Mutations in COL11A2 cause non-syndromic hearing loss (DFNA13)

Wyman T. McGuirt1, Sai D. Prasad1, Andrew J. Griffith2, Henricus P.M. Kunst3, Glenn E. Green1, Karl B. Shpargel2, Christina Runge1, Christy Huybrechts4, Robert F. Mueller5, Eric Lynch6, Mary-Claire King6, Han G. Brunner3, Cor W.R.J. Cremers3, Masamine Takanosu7, Shi-Wu Li8, Machiko Arita8, Richard Mayne7, Darwin J. Prockop8, Guy Van Camp4 & Richard J.H. Smith1

1  Molecular Otolaryngology Research Laboratories, Department of Otolaryngology-Head and Neck Surgery, University of Iowa, Iowa City, Iowa, USA.

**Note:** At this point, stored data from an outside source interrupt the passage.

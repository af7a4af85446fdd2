-- ===== src/Vcdiff/Target/Periodic.antt =====
-- A COPY that overlaps its own output repeats the bytes between its start and the end of the output.
use rust_crates.Prelude.{
  ℕ, zero, suc, ◌+◌, ◌%◌, ◌<◌, ◌≡◌, refl, sym, ap, ◌∙◌, subst, some, List, [], ◌∷◌, ◌++◌, arith,
  append-nil, append_assoc,
}
use rust_crates.Prelude.{IsByte, All, length, take, drop, get_elem?, length-append}
use native.Mathlib.Decide.{dec_lt}
use native.Mathlib.Nat.{suc-mod, mod-lt, mod-eq_of_lt, add-mod_right}
use rust_crates.Vcdiff.Error.{ok}
use rust_crates.Vcdiff.Adler.Sums.{All-append}
use rust_crates.Vcdiff.Target.{gather}
use rust_crates.Vcdiff.Target.Overlap.{byte_at, overlap, get_elem?-byte_at}

-- From `start` on, `out` repeats the first `d` bytes of `seed`.
unfoldable pub IsPeriodic : (seed out : List ℕ) (start d : ℕ) → Type 0
IsPeriodic seed out start d =
    (i : ℕ) → start + i < length out → byte_at out (start + i) ≡ byte_at seed (i % d)

byte_at-drop : (n i : ℕ) (out : List ℕ) → byte_at (drop n out) i ≡ byte_at out (n + i)
unfolding byte_at
byte_at-drop zero i out = let e : i ≡ 0 + i = omega arith in ap (byte_at out) e
byte_at-drop (suc n) i [] = refl
byte_at-drop (suc n) i (b ∷ bs) =
    let e : suc (n + i) ≡ suc n + i = omega arith in byte_at-drop n i bs ∙ ap (byte_at (b ∷ bs)) e

byte_at-take : (n i : ℕ) (out : List ℕ) → i < n → byte_at (take n out) i ≡ byte_at out i
unfolding byte_at
byte_at-take zero i out h = absurd (omega arith)
byte_at-take (suc n) i [] h = refl
byte_at-take (suc n) zero (b ∷ bs) h = refl
byte_at-take (suc n) (suc i) (b ∷ bs) h = byte_at-take n i bs (omega arith)

byte_at-front :
    (out more : List ℕ) (i : ℕ) → i < length out → byte_at (out ++ more) i ≡ byte_at out i
unfolding byte_at
byte_at-front [] more i h = absurd (omega arith)
byte_at-front (b ∷ bs) more zero h = refl
byte_at-front (b ∷ bs) more (suc i) h = byte_at-front bs more i (omega arith)

byte_at-last : (out : List ℕ) (b : ℕ) → byte_at (out ++ (b ∷ [])) (length out) ≡ b
unfolding byte_at
byte_at-last [] b = refl
byte_at-last (x ∷ xs) b = byte_at-last xs b

-- Up to the end of the output there is one period.
pub IsPeriodic-seed :
    (out : List ℕ) (start d : ℕ)
    → start + d ≡ length out
    → IsPeriodic (take d (drop start out)) out start d
unfolding IsPeriodic
IsPeriodic-seed out start d e i h =
    let small : i < d = omega arith in
    sym (
      ap (byte_at (take d (drop start out))) (mod-eq_of_lt small)
      ∙ byte_at-take d i (drop start out) small
      ∙ byte_at-drop start i out)

-- The byte that a copy takes keeps the period.
IsPeriodic-push :
    (seed out : List ℕ) (start d e : ℕ)
    → length out ≡ start + e + d
    → 0 < d
    → IsPeriodic seed out start d
    → IsPeriodic seed (out ++ (byte_at out (start + e) ∷ [])) start d
unfolding IsPeriodic
IsPeriodic-push seed out start d e size positive p i h =
    let b : ℕ = byte_at out (start + e) in
    elim (dec_lt (start + i) (length out)) [
      | yes old ↦ byte_at-front out (b ∷ []) (start + i) old ∙ p i old
      | no new ↦
          let last : start + i ≡ length out = omega (arith, length-append out (b ∷ [])) in
          let turn : e + d ≡ i = omega arith in
          ap (byte_at (out ++ (b ∷ []))) last
          ∙ byte_at-last out b
          ∙ p e (omega arith)
          ∙ ap (byte_at seed) (sym (add-mod_right e d) ∙ ap (λ (k : ℕ). k % d) turn)
    ]

pub IsPeriodic-overlap :
    (n : ℕ) (seed out : List ℕ) (start d e : ℕ)
    → length out ≡ start + e + d
    → 0 < d
    → IsPeriodic seed out start d
    → IsPeriodic seed (out ++ overlap out (start + e) n) start d
unfolding overlap
IsPeriodic-overlap zero seed out start d e size positive p =
    subst (λ o. IsPeriodic seed o start d) (sym (append-nil out)) p
IsPeriodic-overlap (suc n) seed out start d e size positive p =
    let b : ℕ = byte_at out (start + e) in
    let next : start + (e + 1) ≡ start + e + 1 = omega arith in
    subst (λ o. IsPeriodic seed o start d)
      (append_assoc out (b ∷ []) (overlap (out ++ (b ∷ [])) (start + (e + 1)) n)
        ∙ ap (λ (k : ℕ). out ++ (b ∷ overlap (out ++ (b ∷ [])) k n)) next)
      (IsPeriodic-overlap n seed (out ++ (b ∷ [])) start d (e + 1)
        (omega (arith, length-append out (b ∷ []))) positive
        (IsPeriodic-push seed out start d e size positive p))

suc_mod-eq : (a b d : ℕ) → a % d ≡ b % d → suc a % d ≡ suc b % d
suc_mod-eq a b d h = suc-mod a d ∙ ap (λ (k : ℕ). suc k % d) h ∙ sym (suc-mod b d)

-- The bytes that `gather` takes from the seed are those of the copy.
pub gather-overlap :
    (count idx e phase : ℕ) (seed out : List ℕ) (start d : ℕ)
    → length seed ≡ d
    → length out ≡ start + e + d
    → 0 < d
    → (phase + idx) % d ≡ e % d
    → IsPeriodic seed out start d
    → gather seed d phase idx count ≡ ok (overlap out (start + e) count)
unfolding gather overlap IsPeriodic
gather-overlap zero idx e phase seed out start d ls lo positive turn p = refl
gather-overlap (suc count) idx e phase seed out start d ls lo positive turn p =
    let b : ℕ = byte_at out (start + e) in
    let small : (phase + idx) % d < d = mod-lt (phase + idx) positive in
    let taken : get_elem? seed ((phase + idx) % d) ≡ some b =
      get_elem?-byte_at seed ((phase + idx) % d) (omega arith)
      ∙ ap (λ (k : ℕ). some (byte_at seed k)) turn
      ∙ ap (λ (k : ℕ). some k) (sym (p e (omega arith))) in
    let step1 : suc (phase + idx) ≡ phase + (idx + 1) = omega arith in
    let step2 : suc e ≡ e + 1 = omega arith in
    let next : start + (e + 1) ≡ start + e + 1 = omega arith in
    let rest : gather seed d phase (idx + 1) count
        ≡ ok (overlap (out ++ (b ∷ [])) (start + (e + 1)) count) =
      gather-overlap count (idx + 1) (e + 1) phase seed (out ++ (b ∷ [])) start d ls
        (omega (arith, length-append out (b ∷ []))) positive
        (sym (ap (λ (k : ℕ). k % d) step1)
          ∙ suc_mod-eq (phase + idx) e d turn
          ∙ ap (λ (k : ℕ). k % d) step2)
        (IsPeriodic-push seed out start d e lo positive p) in
    rw (taken, rest) (λ j. ok (b ∷ overlap (out ++ (b ∷ [])) (next j) count))

IsByte-byte_at : (out : List ℕ) (i : ℕ) → All IsByte out → IsByte (byte_at out i)
unfolding byte_at
IsByte-byte_at [] i h = omega arith
IsByte-byte_at (b ∷ bs) zero (h, hs) = h
IsByte-byte_at (b ∷ bs) (suc i) (h, hs) = IsByte-byte_at bs i hs

pub IsByte-overlap :
    (n : ℕ) (out : List ℕ) (start : ℕ) → All IsByte out → All IsByte (overlap out start n)
unfolding overlap
IsByte-overlap zero out start h = tt
IsByte-overlap (suc n) out start h =
    let b = IsByte-byte_at out start h in
    (
      b,
      IsByte-overlap n (out ++ (byte_at out start ∷ [])) (start + 1)
          (All-append out (byte_at out start ∷ []) h (b, tt)),
    )
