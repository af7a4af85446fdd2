-- ===== src/Vcdiff/Target/Repeat.antt =====
-- `copy_from_current`: the copy out of the window's own output, which may overlap what it writes.
use rust_crates.Prelude.{
  ℕ, zero, suc, ◌+◌, ◌-◌, ◌%◌, ◌≤◌, ◌<◌, ◌≡◌, refl, sym, ap, ◌∙◌, subst, List, ◌++◌, arith, true,
  false, append-nil, min, Bool-cases, inl, inr,
}
use rust_crates.Prelude.{
  IsU64, IsByte, All, length, take, drop, length-take, length-drop, length-append, ◌==◌, leb, ltb,
  lt→ltb, ◌&&◌,
}
use native.Mathlib.Nat.{mod-lt, mod-mod}
use rust_crates.Vcdiff.Error.{ok, DecodeContext}
use rust_crates.Vcdiff.Stream.{Stream, WritesBytes}
use rust_crates.Vcdiff.Adler.Sums.{All-append}
use rust_crates.Vcdiff.Target.{
  TargetWriter, io_buffer_size, gather, emit_repeated_loop, copy_from_current,
}
use rust_crates.Vcdiff.Target.Emit.{Holds, drain_full_lem, Holds-pushed}
use rust_crates.Vcdiff.Target.Copy.{Holds-context, read_scratch_lem, copy_loop_lem}
use rust_crates.Vcdiff.Target.Run.{Extended, Extended-joined}
use rust_crates.Vcdiff.Target.Overlap.{overlap, overlap-split, length-overlap}
use rust_crates.Vcdiff.Target.Periodic.{
  IsPeriodic, IsPeriodic-seed, IsPeriodic-overlap, gather-overlap, IsByte-overlap,
}

module _ {T : Stream} (law : WritesBytes T) where
  emit_repeated_loop_lem :
      (rounds fuel start d emitted left : ℕ) (seed out win : List ℕ) (context : DecodeContext)
      (w : TargetWriter T)
      → left ≤ rounds
      → io_buffer_size ≤ fuel
      → Holds law out win w
      → All IsByte out
      → w.scratch ≡ seed
      → length seed ≡ d
      → 0 < d
      → length out ≡ start + emitted + d
      → IsPeriodic seed out start d
      → IsU64 (length out + left)
      → (w' : TargetWriter T) × (emit_repeated_loop rounds fuel d emitted left context w ≡ ok w')
        × Extended law
            (out ++ overlap out (start + emitted) left)
            (win ++ overlap out (start + emitted) left)
            w
            w'
  unfolding emit_repeated_loop overlap
  emit_repeated_loop_lem rounds fuel start d emitted zero seed out win context w r f h b c ls pos lo
        p s =
      (w, refl, rw (append-nil out, append-nil win) (record { holds = h; window_kept = refl }))
  emit_repeated_loop_lem zero fuel start d emitted (suc left) seed out win context w r f h b c ls
        pos lo p s =
      absurd (omega arith)
  emit_repeated_loop_lem (suc rounds) fuel start d emitted (suc left) seed out win context w r f h b
        c ls pos lo p s =
      let (m, e, q, room) = drain_full_lem law fuel out win w f h in
      let count : ℕ = min (suc left) (io_buffer_size - length m.pending) in
      let at : ℕ = start + emitted in
      let chunk : List ℕ = overlap out at count in
      let rest : ℕ = suc left - count in
      let size : length chunk ≡ count = length-overlap out at count in
      let small : ltb count 0x1_0000_0000_0000_0000 ≡ true = lt→ltb _ _ (omega arith) in
      let some_seed : (d == 0) ≡ false = ground arith in
      let below : emitted % d < d = mod-lt emitted pos in
      let phase_fits : ltb (emitted % d) 0x1_0000_0000_0000_0000 ≡ true =
        lt→ltb _ _ (omega arith) in
      let turn : (emitted % d + 0) % d ≡ emitted % d =
        (let z : emitted % d + 0 ≡ emitted % d = omega arith in ap (λ (k : ℕ). k % d) z)
        ∙ mod-mod emitted d in
      let gathered : gather m.scratch d (emitted % d) 0 count ≡ ok chunk =
        ap (λ (l : List ℕ). gather l d (emitted % d) 0 count) (q.scratch_kept ∙ c)
        ∙ gather-overlap count 0 emitted (emitted % d) seed out start d ls lo pos turn p in
      let bytes : All IsByte chunk = IsByte-overlap count out at b in
      let len_known = q.holds.writing.len_known in
      let fits : ltb (m.logical_len + count) 0x1_0000_0000_0000_0000 ≡ true =
        lt→ltb _ _ (omega (arith, len_known)) in
      let fits' : ltb (emitted + count) 0x1_0000_0000_0000_0000 ≡ true = lt→ltb _ _ (omega arith) in
      let x =
        Holds-pushed law chunk (m.logical_len + count) out win m q.holds bytes (omega (arith, size))
          (omega (arith, size)) (omega (arith, size)) in
      let (w', e', y) =
        emit_repeated_loop_lem rounds fuel start d (emitted + count) rest seed (out ++ chunk)
          (win ++ chunk) context _ (omega arith) f x.holds (All-append out chunk b bytes)
          (q.scratch_kept ∙ c) ls pos (omega (arith, length-append out chunk, size))
          (IsPeriodic-overlap count seed out start d emitted lo pos p)
          (omega (arith, length-append out chunk, size)) in
      let moved : start + (emitted + count) ≡ at + count = omega arith in
      let sum : count + rest ≡ suc left = omega arith in
      let whole : chunk ++ overlap (out ++ chunk) (start + (emitted + count)) rest
          ≡ overlap out at (suc left) =
        ap (λ (k : ℕ). chunk ++ overlap (out ++ chunk) k rest) moved
        ∙ sym (overlap-split count rest out at)
        ∙ ap (overlap out at) sum in
      (
        w',
        rw (e, small, some_seed, phase_fits, gathered, fits, fits', e'),
        Extended-joined law chunk (overlap (out ++ chunk) (start + (emitted + count)) rest)
            (overlap out at (suc left)) out win whole
            (record { holds = y.holds; window_kept = y.window_kept ∙ q.window_kept }),
      )

  -- `copy_from_current` always succeeds from a start `distance` bytes before the end of the output,
  -- while the output stays below 2^64 bytes. It appends the bytes that RFC 3284 describes one at a
  -- time, also where the copy reads what it writes, whether it repeats a seed or goes in chunks.
  -- The streams keep the promises of the traits, and the fuel is no less than the I/O buffer.
  pub copy_from_current_lem :
      (fuel start size distance : ℕ) (out win : List ℕ) (context : DecodeContext)
      (w : TargetWriter T)
      → io_buffer_size ≤ fuel
      → Holds law out win w
      → All IsByte out
      → 0 < distance
      → start + distance ≡ length out
      → IsU64 (length out + size)
      → (w' : TargetWriter T) × (copy_from_current fuel start size distance context w ≡ ok w')
        × Extended law (out ++ overlap out start size) (win ++ overlap out start size) w w'
  unfolding copy_from_current
  copy_from_current_lem fuel start size distance out win context w f h b pos far s =
      let w0 : TargetWriter T = record w { context = context } in
      let at : start + 0 ≡ start = omega arith in
      let h0 : Holds law out win w0 = Holds-context law context out win w h in
      elim (Bool-cases (ltb distance size && leb distance io_buffer_size)) [
        | inl repeats ↦
            let small : ltb distance 0x1_0000_0000_0000_0000 ≡ true = lt→ltb _ _ (omega arith) in
            let (m, e, x, c) =
              read_scratch_lem law fuel start distance out win context w0 f (ground arith)
                (omega arith) h0 in
            let seed : List ℕ = take distance (drop start out) in
            let (w', e', y) =
              emit_repeated_loop_lem size fuel start distance 0 size seed out win context m
                (omega arith) f x.holds b c
                (omega (arith, length-take distance (drop start out), length-drop start out)) pos
                (omega arith) (IsPeriodic-seed out start distance far) s in
            (
              w',
              rw (repeats, small, e, e'),
              subst
                  (λ (k : ℕ).
                    Extended law (out ++ overlap out k size) (win ++ overlap out k size) w w')
                  at (record { holds = y.holds; window_kept = y.window_kept ∙ x.window_kept }),
            )
        | inr chunks ↦
            let (w', e, y) =
              copy_loop_lem law size fuel start 0 size out win context w0 (omega arith) f h0 b
                (ground arith) s in
            (
              w',
              rw (chunks, e),
              subst
                  (λ (k : ℕ).
                    Extended law (out ++ overlap out k size) (win ++ overlap out k size) w w')
                  at (record { holds = y.holds; window_kept = y.window_kept }),
            )
      ]
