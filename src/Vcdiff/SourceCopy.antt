-- ===== src/Vcdiff/SourceCopy.antt =====
-- crates/vcdiff/src/target.rs, `copy_from_source` and `read_source_exact`: copies out of the source.
pub mod Exact
pub mod Copied
use rust_crates.Prelude.{ℕ, zero, suc, ◌-◌, not, Option, some, List, [], ◌∷◌, ◌++◌, min}
use rust_crates.Prelude.{◌==◌, length, checked_add}
use rust_crates.Vcdiff.Error.{
  DecodeContext, ByteRange, Result, ok, err, stuck, ◌>>=◌, ◌>>◌, refuse, ok_or, try_usize,
}
use rust_crates.Vcdiff.Error.{
  interrupted, unexpected_eof, invalid_data, read, seek, source_io, arithmetic_overflow,
}
use rust_crates.Vcdiff.Stream.{Stream, IoResult, SeekFrom, done, failed}
use rust_crates.Vcdiff.Target.{io_buffer_size, TargetWriter, emit_scratch}

module _ (S : Stream) where
  -- The answer of one `read`; `again` reads on, for so many bytes.
  unfoldable pub after_source_read :
      IoResult (List ℕ)
      → ℕ
      → ByteRange
      → Option ℕ
      → S.State
      → (ℕ → S.State → Result (List ℕ × S.State))
      → Result (List ℕ × S.State)
  after_source_read (done []) wanted range window source again =
      err (source_io read (some range) window unexpected_eof)
  after_source_read (done (b ∷ bs)) wanted range window source again = do
    (rest, source') ← again (wanted - length (b ∷ bs)) source
    ok ((b ∷ bs) ++ rest, source')
  after_source_read (failed interrupted) wanted range window source again = again wanted source
  after_source_read (failed e) wanted range window source again =
      err (source_io read (some range) window e)

  unfoldable pub read_source_exact :
      ℕ → ℕ → ByteRange → Option ℕ → S.State → Result (List ℕ × S.State)
  unfolding after_source_read
  read_source_exact fuel zero range window source = ok ([], source)
  read_source_exact zero (suc wanted) range window source = stuck
  read_source_exact (suc fuel) (suc wanted) range window source =
      let (answer, source') = S.read (suc wanted) source in
      after_source_read answer (suc wanted) range window source'
        λ n s. read_source_exact fuel n range window s

module _ (S : Stream) {T : Stream} where
  unfoldable pub source_loop :
      ℕ
      → ℕ
      → ℕ
      → ℕ
      → ℕ
      → DecodeContext
      → S.State
      → TargetWriter T
      → Result (S.State × TargetWriter T)
  source_loop rounds fuel start copied zero context source w = ok (source, w)
  source_loop zero fuel start copied (suc left) context source w = stuck
  source_loop (suc rounds) fuel start copied (suc left) context source w = do
    count ← try_usize (min (suc left) io_buffer_size) context
    chunk_start ← ok_or (checked_add start copied) (arithmetic_overflow context)
    (bytes, source') ←
        read_source_exact S fuel count (record { start = chunk_start; len = count }) w.window source
    w' ← emit_scratch fuel count context (record w { scratch = bytes })
    copied' ← ok_or (checked_add copied count) (arithmetic_overflow context)
    source_loop rounds fuel start copied' (suc left - count) context source' w'

  -- The answer of the `seek` at the head of `copy_from_source`.
  unfoldable pub after_source_seek :
      IoResult ℕ
      → ℕ
      → ℕ
      → ℕ
      → DecodeContext
      → S.State
      → TargetWriter T
      → Result (S.State × TargetWriter T)
  after_source_seek (failed e) fuel start size context source w =
      err (source_io seek (some (record { start = start; len = size })) w.window e)
  after_source_seek (done actual) fuel start size context source w = do
    refuse (not (actual == start))
        (source_io seek (some (record { start = start; len = size })) w.window invalid_data)
    source_loop size fuel start 0 size context source w

  unfoldable pub copy_from_source :
      ℕ → ℕ → ℕ → DecodeContext → S.State → TargetWriter T → Result (S.State × TargetWriter T)
  unfolding after_source_seek
  copy_from_source fuel start size context source w =
      let (answer, source') = S.seek (SeekFrom.start start) source in
      after_source_seek answer fuel start size context source' (record w { context = context })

2  National Institute on Deafness and Other Communication Disorders, National Institutes of Health, Bethesda, Maryland, USA.

3  Department of Otorhinolaryngology, University Hospital , Nijmegen, The Netherlands.

4  Department of Genetics, University of Antwerp, Belgium.

5  Department of Clinical Genetics, St James's Hospital , Leeds, UK.

6  Department of Medicine, University of Washington, Seattle, Washington, USA.

7  Department of Cell Biology, University of Alabama at Birmingham, Birmingham, Alabama, USA.

8  Center for Gene Therapy, MCP Hahnemann University School of Medicine, Philadelphia, Pennsylvania, USA .

Correspondence should be addressed to Richard J.H. Smith richard-smith@uiowa.edu
We report that mutation of COL11A2 causes deafness previously mapped to the DFNA13 locus on chromosome 6p. We found two families (one American and one Dutch) with autosomal dominant, non-syndromic hearing loss to have mutations in COL11A2 that are predicted to affect the triple-helix domain of the collagen protein. In both families, deafness is non-progressive and predominantly affects middle frequencies. Mice with a targeted disruption of Col11a2 also were shown to have hearing loss. Electron microscopy of the tectorial membrane of these mice revealed loss of organization of the collagen fibrils. Our findings revealed a unique ultrastructural malformation of inner-ear architecture associated with non-syndromic hearing loss, and suggest that tectorial membrane abnormalities may be one aetiology of sensorineural hearing loss primarily affecting the mid-frequencies.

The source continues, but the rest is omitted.